I wasn't trying to be a superwoman. I knew that pregnancy was supposed to be uncomfortable, and honestly, I used to endure worse pains so I was using that as a standard of measurement. But not eating well and hardly sleeping on top of stressing about everything, you can imagine what I felt. 

If you followed my Goodreads updates, then you know that somewhere in all of this is a happy ending. Maybe just not as happy as you'd like to think.

I had my baby. I was prepared for the intensive care and potential surgery that my little one would need. Nonetheless, it wasn't easy enduring all that I had only to have the baby wheeled out right away. He would be 13 hours old before I was able to hold him for the first time. 

We found out that the things we were preparing for, weren't the things that our little one was suffering with. No one knew exactly what, and to this day there are only theories as to why. Just a few more days, they told us. Christmas came and went, then New Years. We waited for a room to open up at the Children's Hospital, and then we continued to wait. My husband and I lived in the hospital with our baby for two and a half months. 

We're all home now. It's been a whole week. The little one still isn't 100%, but we've made more progress than the doctors even expected. Why we aren't wheeling an oxygen tank around with him is a mystery. I was told that most children with respiratory issues grow out of their oxygen tank by two years old. That's what I was expecting. He's our little anomaly.

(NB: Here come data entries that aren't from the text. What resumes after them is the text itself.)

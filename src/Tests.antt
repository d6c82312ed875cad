-- ===== src/Tests.antt =====
-- Runs on concrete data, and the theorems at concrete data.
mod Samples
mod PolicyRuns
mod LoaderRuns
mod CacheRuns
mod IncidentRuns
mod StorageRuns
mod ProvenanceRuns
mod HashingRuns
mod TrustRuns
mod AdmissionRuns
mod SignatureRuns
mod SigningRuns
mod AuditRuns
mod RegistryRuns
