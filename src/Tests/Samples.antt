-- ===== src/Tests/Samples.antt =====
-- Data that several runs share: a stand-in for SHA-256, a manifest and an ML-BOM.
use modelguard.Base.{String, some, none, []}
use modelguard.Base.Bytes.{Bytes}
use modelguard.Manifest.{Manifest, file}
use modelguard.Mbom.{MlBom}

abbrev pub digest_zero : Bytes → String
digest_zero bytes = "0000000000000000000000000000000000000000000000000000000000000000"

abbrev pub manifest : Manifest
manifest = record {
  schema_version = "1";
  artifact_type = file;
  algorithm = "sha256";
  digest = "aa";
  model_id = some "demo";
  artifact_name = none;
  version = some "1";
  format = none;
  framework = none;
  license = none;
  creator = none;
  source_location = none;
  files = [];
}

abbrev pub mbom : MlBom
mbom = record {
  bom_format = "CycloneDX";
  spec_version = "1.6";
  schema_version = "1";
  serial_number = "urn:uuid:0";
  version = 1;
  metadata = record { timestamp = "now"; tool_name = "modelguard"; tool_version = "0.9.0" };
  components = [];
  properties = record {
    artifact_digest = "sha256:aa";
    artifact_type = "file";
    parent_models = [];
    dataset_references = [];
    training_code_commit = none;
    framework = none;
    license = none;
    trust_status = "UNSIGNED";
  };
}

So why am I going into all of this here and now? So that it can be behind me. Family and friends have been following this journey for a long time now and it's not over yet. I'd just rather be honest about why this lost time happened, and now that I've said it, I'd prefer not to have to address it publicly again, at least not on this medium. 

It will still be slow coming, but the site and blog will be back to writing-related things. I'm not gone, just finding new ways to navigate through life. I think I'm doing okay.